# REAPER - can someone give me a link or explain how to have a multi-timbral/multi-output instrument in this way:



## Headlands (Jan 22, 2020)

I've been deeply getting into Reaper (after years in Cubase), and one thing I can't quite wrap my head around due to Reapers routing system is how to have a multi-timbral instrument have multiple outputs, where each output is the _same channel _as the MIDI input. I know it can be done because I've seen it in multiple videos, but the explanations either use track presets (which don't help because they don't teach me how it's done from scratch) or they only go into having separate MIDI tracks for each output, which is not what I'm talking about.

I.E., let's say we're using Omnisphere. Output 1 of Omnisphere would be the same track as MIDI input 1, Audio Output 2 would be the same track as MIDI input 2, and on and on. I don't need any explanation of what to do in the actual instrument, just what I need to do in Reaper.

Can anyone provide a link or a detailed explanation? Again: I know 100% that it can be done, I just can't seem to find a from-scratch step-by-step explanation how.


----------



## cyoder (Jan 22, 2020)

Without going into full detail, here's how to do it in a nutshell:
1. First, enable "Allow feedback in routing" in Project Settings. Even though you'll be routing MIDI out and audio back, Reaper still doesn't allow it by default
2. For each MIDI track, route channel 1 from track 1 to Kontakt, ch. 2 from track 2, etc, then from the track with Kontakt loaded, route audio ch. 1/2 to track 1 and audio ch. 3/4 to track 2, etc.
3. You'll have to set up the outputs in Kontakt so that you can assign different instruments to different outputs.

I've seen plenty of videos cover setting up Kontakt in Reaper with separate MIDI and audio tracks, and this is just about the same, the only difference is the "Allow feedback in routing" setting to allow the MIDI and audio track to be the same one. Hope that helps,


----------



## Headlands (Jan 22, 2020)

cyoder said:


> Without going into full detail, here's how to do it in a nutshell:
> 1. First, enable "Allow feedback in routing" in Project Settings. Even though you'll be routing MIDI out and audio back, Reaper still doesn't allow it by default
> 2. For each MIDI track, route channel 1 from track 1 to Kontakt, ch. 2 from track 2, etc, then from the track with Kontakt loaded, route audio ch. 1/2 to track 1 and audio ch. 3/4 to track 2, etc.
> 3. You'll have to set up the outputs in Kontakt so that you can assign different instruments to different outputs.
> ...



Thank you. Perfect.

Is there an easy way to route the audio in REAPER from the different outputs from Kontakt, all from one window for the main Kontakt track so that I don't need to go into I/O and manually do it on every track separately? I don't see that option in the Routing Matrix, unless I'm missing something obvious.


----------



## ProfoundSilence (Jan 22, 2020)

I mean you can just drag the io button, or copy paste one that's correct, then re-number them all. this also means to add another input/output - you just have to copy paste and change the numbers.A few different ways I suppose.

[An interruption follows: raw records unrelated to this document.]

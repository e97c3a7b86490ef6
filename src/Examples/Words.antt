-- ===== src/Examples/Words.antt =====
-- Words of which the lowest byte comes first, for the witnesses.
use parity_wasm.Base.{
  ℕ, zero, suc, ◌+◌, ◌*◌, ◌/◌, ◌%◌, ◌^◌, ◌<◌, ◌≡◌, refl, [], ◌∷◌, length, All, arith,
}
use parity_wasm.Elements.Codec.{Bytes, IsByte}
use parity_wasm.Elements.Primitives.ByteOrder.{LittleEndian}

unfoldable pub digits : ℕ → ℕ → Bytes
digits zero v = []
digits (suc k) v = v % 256 ∷ digits k (v / 256)

unfoldable pub number : Bytes → ℕ
number [] = 0
number (b ∷ bs) = b + 256 * number bs

pub length-digits : (k v : ℕ) → length (digits k v) ≡ k
unfolding digits
length-digits zero v = refl
length-digits (suc k) v = omega (arith, length-digits k (v / 256))

pub number-digits : (k v : ℕ) → v < 256 ^ k → number (digits k v) ≡ v
unfolding digits number
number-digits zero v h = omega arith
number-digits (suc k) v h = omega (arith, number-digits k (v / 256) (omega arith))

pub digits-number : (bs : Bytes) → All IsByte bs → digits (length bs) (number bs) ≡ bs
unfolding digits number
digits-number [] h = refl
digits-number (b ∷ bs) (h, hs) =
    let last : (b + 256 * number bs) % 256 ≡ b = omega (arith, h) in
    let others : (b + 256 * number bs) / 256 ≡ number bs = omega (arith, h) in
    rw (last, others, digits-number bs hs) refl

abbrev pub le : LittleEndian
le = record {
  read_u32 = number;
  write_u32 = digits 4;
  read_u64 = number;
  write_u64 = digits 8;
  length-write_u32 = length-digits 4;
  length-write_u64 = length-digits 8;
  read_u32-write_u32 = λ v h. number-digits 4 v (omega arith);
  read_u64-write_u64 = λ v h. number-digits 8 v (omega arith);
  write_u32-read_u32 = λ bs h hs. rw h at (digits-number bs hs);
}
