-- ===== src/Examples/Built.antt =====
-- Modules that are put together.
use parity_wasm.Base.{ℕ, ◌≡◌, refl, true, [], ◌∷◌, ◌++◌, none, ok, length, arith}
use parity_wasm.Examples.Words.{le}
use parity_wasm.Elements.Types.{i32}
use parity_wasm.Elements.Ops.{end_op}
use parity_wasm.Elements.Func.{FuncBody}
use parity_wasm.Elements.Section as Section
use parity_wasm.Elements.Section.{section_id}
use parity_wasm.Elements.Module.Order.{IsValid}
use parity_wasm.Builder.Module.{
  ModuleScaffold, scaffold_default, build, with_module, push_function, FunctionDefinition,
  CodeLocation, inline,
}
use parity_wasm.Builder.Module.Valid.{AreOther, build-IsValid}
use parity_wasm.Builder.Module.Push.{Denotes, push_function_lem}
use parity_wasm.Builder.Module.Apart.{with_module-build}

abbrev idle : FuncBody
idle = record { locals = []; instructions = end_op ∷ [] }

-- One function, and a custom section.
abbrev one_function : ModuleScaffold
one_function = record scaffold_default {
  functions = record { type_ref = 0 } ∷ [];
  code = idle ∷ [];
  other = Section.custom (record { name = 0x78 ∷ []; payload = [] }) ∷ [];
}

custom_only : AreOther one_function.other
unfolding section_id
custom_only = (refl, tt)

build-IsValid_example : IsValid (build le one_function)
build-IsValid_example = build-IsValid one_function custom_only le refl

with_module-build_example : with_module (build le one_function) ≡ record one_function { other = [] }
with_module-build_example = with_module-build le one_function custom_only

abbrev main_function : FunctionDefinition
main_function = record {
  is_main = true;
  signature = inline (record { form = 0x60; params = i32 ∷ []; return_type = none });
  body = idle;
}

push_function_lem_example :
    (t : ℕ) × (at : CodeLocation) × (m' : ModuleScaffold) × (push_function main_function
        one_function
      ≡ ok (at, m'))
    × (m'.functions ≡ one_function.functions ++ record { type_ref = t } ∷ [])
    × (at.signature_index ≡ length one_function.functions)
    × (m'.code ≡ one_function.code ++ main_function.body ∷ [])
    × (at.body_index ≡ length one_function.code)
    × Denotes main_function.signature t m'.types
push_function_lem_example =
    push_function_lem main_function one_function refl (omega arith) (omega arith)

Just save whatever as a track template and paste it whenever you need a new instance I'd say.


----------



## Headlands (Jan 22, 2020)

As a relative REAPER newb I don't quite follow you here. Can I ask you to explain in more detail?


----------



## cyoder (Jan 22, 2020)

From the FX list window for the track with Kontakt on, you can right click and select "Build 16 channels of MIDI routing to this track". But then you'll still have to send the audio back out to each track individually as well as check "Master Send" for each individual track so that the audio will actually play from the track once it's routed back. The routing to each track isn't super long by drag and dropping the track IO button to the right tracks and changing the audio channels as in the .gif below. Honestly this is something I've only done once for each of my multi-out plugins: once I get it working I just save it as a track template and then add the pre-routed setup to a project from that template whenever I need it.


----------



## Headlands (Jan 22, 2020)

cyoder said:


> From the FX list window for the track with Kontakt on, you can right click and select "Build 16 channels of MIDI routing to this track". But then you'll still have to send the audio back out to each track individually as well as check "Master Send" for each individual track so that the audio will actually play from the track once it's routed back. The routing to each track isn't super long by drag and dropping the track IO button to the right tracks and changing the audio channels as in the .gif below. Honestly this is something I've only done once for each of my multi-out plugins: once I get it working I just save it as a track template and then add the pre-routed setup to a project from that template whenever I need it.



Many thanks, this is extremely helpful. Cheers!


----------